An offer may consist of:

  1. a single offer proposing a purchase of the target securities, an exchange for existing securities or securities to be issued, or a payment in cash and securities;

  2. an alternative offer;

  3. a principal offer with one or more non-severable subordinate options.

Where the securities provided in exchange are not liquid securities admitted to trading on a regulated market in a Member State of the European Union or a State party to the EEA Agreement, the offer must include a cash option.

If, in the twelve months before the offer is filed, the offeror, acting alone or in concert, has purchased, for cash, securities giving it more than 5% of the shares or voting rights of the target company, the offer must include a cash option.

Where the offer consists of an alternative offer or a single offer proposing payment in cash and securities, the AMF shall assess the validity of the offeror's designation of it as a public cash offer or public exchange offer.

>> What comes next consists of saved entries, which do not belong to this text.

-- ===== src/Contract/Iterator.antt =====
-- pkg/contract: the iterator over a contract's events, from IbchandlerSendPacketIterator of
-- pkg/contract/ibchandler/ibchandler.go; the iterators of the other events differ in their types only. The log channel and
-- the subscription are a `Stream`; a select where both are ready takes the one that a Boolean names.
pub mod Drain
pub mod Run
pub mod Faithful
use yui_ibc_solidity.Prelude.{
  ℕ, Bytes, List, [], ◌∷◌, Bool, true, false, Option, none, some, map, if◌then◌else◌,
}
use yui_ibc_solidity.Prelude.Try.{Try, ok, err, ◌>>=◌}
use yui_ibc_solidity.Contract.Bound.{Boxed}

-- `UnpackLog` of a log into a new event, by the event's name.
abbrev pub Unpacker : Type 0 → Type 0 → Type 0 → Type 0
Unpacker E Log T = Bytes → Log → Try E T

-- An event with its field Raw.
pub record Raised (T Log : Type 0) : Type 0 where
  pub event : T
  pub raw : Log

-- The logs in the channel, and what the subscription's Err channel gives, if it gives something.
pub record Stream (Log E : Type 0) : Type 0 where
  pub logs : List Log
  pub over : Option (Option E)

-- The filtering half of `bind.BoundContract`: the event's name, and a rule for each indexed field.
pub record Filterer (E Value FilterOpts WatchOpts Log : Type 0) : Type 0 where
  pub filter_logs : FilterOpts → Bytes → List (List Value) → Try E (Stream Log E)
  pub watch_logs : WatchOpts → Bytes → List (List Value) → Try E (Unit {0})

-- `for _, item := range items { rule = append(rule, item) }`
abbrev pub rule : {Value T : Type 0} → Boxed Value T → List T → List Value
rule type items = map type.box items

-- The field Event: nil, an event that could not be unpacked, or an event.
pub data Slot (T Log : Type 0) : Type 0 where
  nil unfilled : Slot T Log
  filled : Raised T Log → Slot T Log

pub record Iterator (T Log E : Type 0) : Type 0 where
  pub current : Slot T Log
  pub name : Bytes
  pub done : Bool
  pub fail : Option E

-- `Error`.
abbrev pub error : {T Log E : Type 0} → Iterator T Log E → Option E
error it = it.fail

-- `Close`, after which the subscription's Err channel is closed, as go-ethereum says of Unsubscribe; the logs in the channel
-- stay there, and an error that nothing has read is gone.
abbrev pub unsubscribe : {Log E : Type 0} → Stream Log E → Stream Log E
unsubscribe stream = record stream { over = some none }

-- `ParseX`.
unfoldable pub parse : {E Log T : Type 0} → Unpacker E Log T → Bytes → Log → Try E (Raised T Log)
parse unpack name log = do event ← unpack name log; ok (record { event = event; raw = log })

-- `FilterX`.
unfoldable pub filter :
    {E Value FilterOpts WatchOpts Log T : Type 0}
    → Filterer E Value FilterOpts WatchOpts Log
    → Bytes
    → FilterOpts
    → List (List Value)
    → Try E (Iterator T Log E × Stream Log E)
filter contract name opts rules = do
  stream ← contract.filter_logs opts name rules
  ok (record { current = nil; name = name; done = false; fail = none }, stream)

module _ {E Log T : Type 0} (unpack : Unpacker E Log T) where
  abbrev pub Answer : Type 0
  Answer = Bool × Iterator T Log E × Stream Log E

  -- The body of `case log := <-it.logs`, by what `UnpackLog` gives.
  unfoldable pub received : Iterator T Log E → Log → Stream Log E → Try E T → Answer
  received it log rest (ok event) =
      (true, record it { current = filled (record { event = event; raw = log }) }, rest)
  received it log rest (err e) = (false, record it { current = unfilled; fail = some e }, rest)

  unfoldable pub receive : Iterator T Log E → Log → Stream Log E → Answer
  unfolding received
  receive it log rest = received it log rest (unpack it.name log)

  -- `if it.done { select { … default: return false } }`
  unfoldable pub deliver_available : Iterator T Log E → List Log → Option (Option E) → Answer
  unfolding receive
  deliver_available it [] over = (false, it, record { logs = []; over = over })
  deliver_available it (log ∷ logs) over = receive it log (record { logs = logs; over = over })

  -- `case err := <-it.sub.Err()`, with the call of Next that it ends in.
  unfoldable pub complete : Iterator T Log E → List Log → Option E → Answer
  unfolding deliver_available
  complete it logs none =
      deliver_available (record it { done = true; fail = none }) logs (some none)
  complete it logs (some e) = (
    false,
    record it { done = true; fail = some e },
    record { logs = logs; over = some (some e) },
  )

  -- The select of an iterator in progress; none blocks.
  unfoldable pub wait : Bool → Iterator T Log E → List Log → Option (Option E) → Option Answer
  unfolding receive complete
  wait log_first it [] none = none
  wait log_first it [] (some r) = some (complete it [] r)
  wait log_first it (log ∷ logs) none = some (receive it log (record { logs = logs; over = none }))
  wait log_first it (log ∷ logs) (some r) = some (
      if log_first
      then receive it log (record { logs = logs; over = some r })
      else complete it (log ∷ logs) r)

  -- `Next`.
  unfoldable pub next : Bool → Iterator T Log E → Stream Log E → Option Answer
  unfolding deliver_available wait
  next log_first it stream = elim it.fail [
    | some e ↦ some (false, it, stream)
    | none ↦
        if it.done
        then some (deliver_available it stream.logs stream.over)
        else wait log_first it stream.logs stream.over
  ]
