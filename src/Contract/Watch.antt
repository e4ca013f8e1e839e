-- ===== src/Contract/Watch.antt =====
-- pkg/contract: the loop of WatchX, from WatchSendPacket of pkg/contract/ibchandler/ibchandler.go; the other events differ in
-- their types only. What each select takes is a list of signals.
pub mod Sunk
use yui_ibc_solidity.Prelude.{ℕ, Bytes, List, [], ◌∷◌, Bool, true, false, Option, none, some}
use yui_ibc_solidity.Prelude.Try.{Try, ok, err, ◌>>=◌}
use yui_ibc_solidity.Contract.Iterator.{Unpacker, Raised, Filterer, parse}

-- What the inner select takes: the sink has the event, the subscription is over, or the user quits.
pub data Handover (E : Type 0) : Type 0 where
  accepted : Handover E
  over_meanwhile : Option E → Handover E
  quit_meanwhile : Handover E

-- What the outer select takes; a log with what becomes of its event.
pub data Signal (Log E : Type 0) : Type 0 where
  log : Log → Handover E → Signal Log E
  over : Option E → Signal Log E
  quit : Signal Log E

-- The events in the sink, and the loop's result when it has returned: nil or an error. The deferred `Unsubscribe` runs then.
pub record Watched (T Log E : Type 0) : Type 0 where
  pub sunk : List (Raised T Log)
  pub result : Option (Option E)

module _ {E Log T : Type 0} (unpack : Unpacker E Log T) (name : Bytes) where
  abbrev pub stop : Option E → Watched T Log E
  stop r = record { sunk = []; result = some r }

  abbrev pub sink : Raised T Log → Watched T Log E → Watched T Log E
  sink e w = record { sunk = e ∷ w.sunk; result = w.result }

  -- What follows `UnpackLog`: its error ends the loop, an event goes on to the inner select.
  unfoldable pub observed : Handover E → Watched T Log E → Try E (Raised T Log) → Watched T Log E
  observed h rest (err e) = stop (some e)
  observed accepted rest (ok event) = sink event rest
  observed (over_meanwhile r) rest (ok event) = stop r
  observed quit_meanwhile rest (ok event) = stop none

  unfoldable pub watch_loop : List (Signal Log E) → Watched T Log E
  unfolding parse observed
  watch_loop [] = record { sunk = []; result = none }
  watch_loop (over r ∷ signals) = stop r
  watch_loop (quit ∷ signals) = stop none
  watch_loop (log l h ∷ signals) =
      let rest = watch_loop signals in observed h rest (parse unpack name l)

unfoldable pub watch :
    {E Value FilterOpts WatchOpts Log T : Type 0}
    → Filterer E Value FilterOpts WatchOpts Log
    → Unpacker E Log T
    → Bytes
    → WatchOpts
    → List (List Value)
    → List (Signal Log E)
    → Try E (Watched T Log E)
unfolding watch_loop
watch contract unpack name opts rules signals = do
  _ ← contract.watch_logs opts name rules
  ok (watch_loop unpack name signals)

The offeror may give holders the option of selling their securities at a later date, provided that the option is exercisable within a reasonable time, that it is subordinate to the principal offer, and that exercise of the option

is unconditionally guaranteed by the institution sponsoring the offer as defined in Article 231-13. Any arrangements that consist in offering payment at a later date of the difference between the future market price and the future offer price must contain guarantees and advantages equivalent to those of a deferred sale.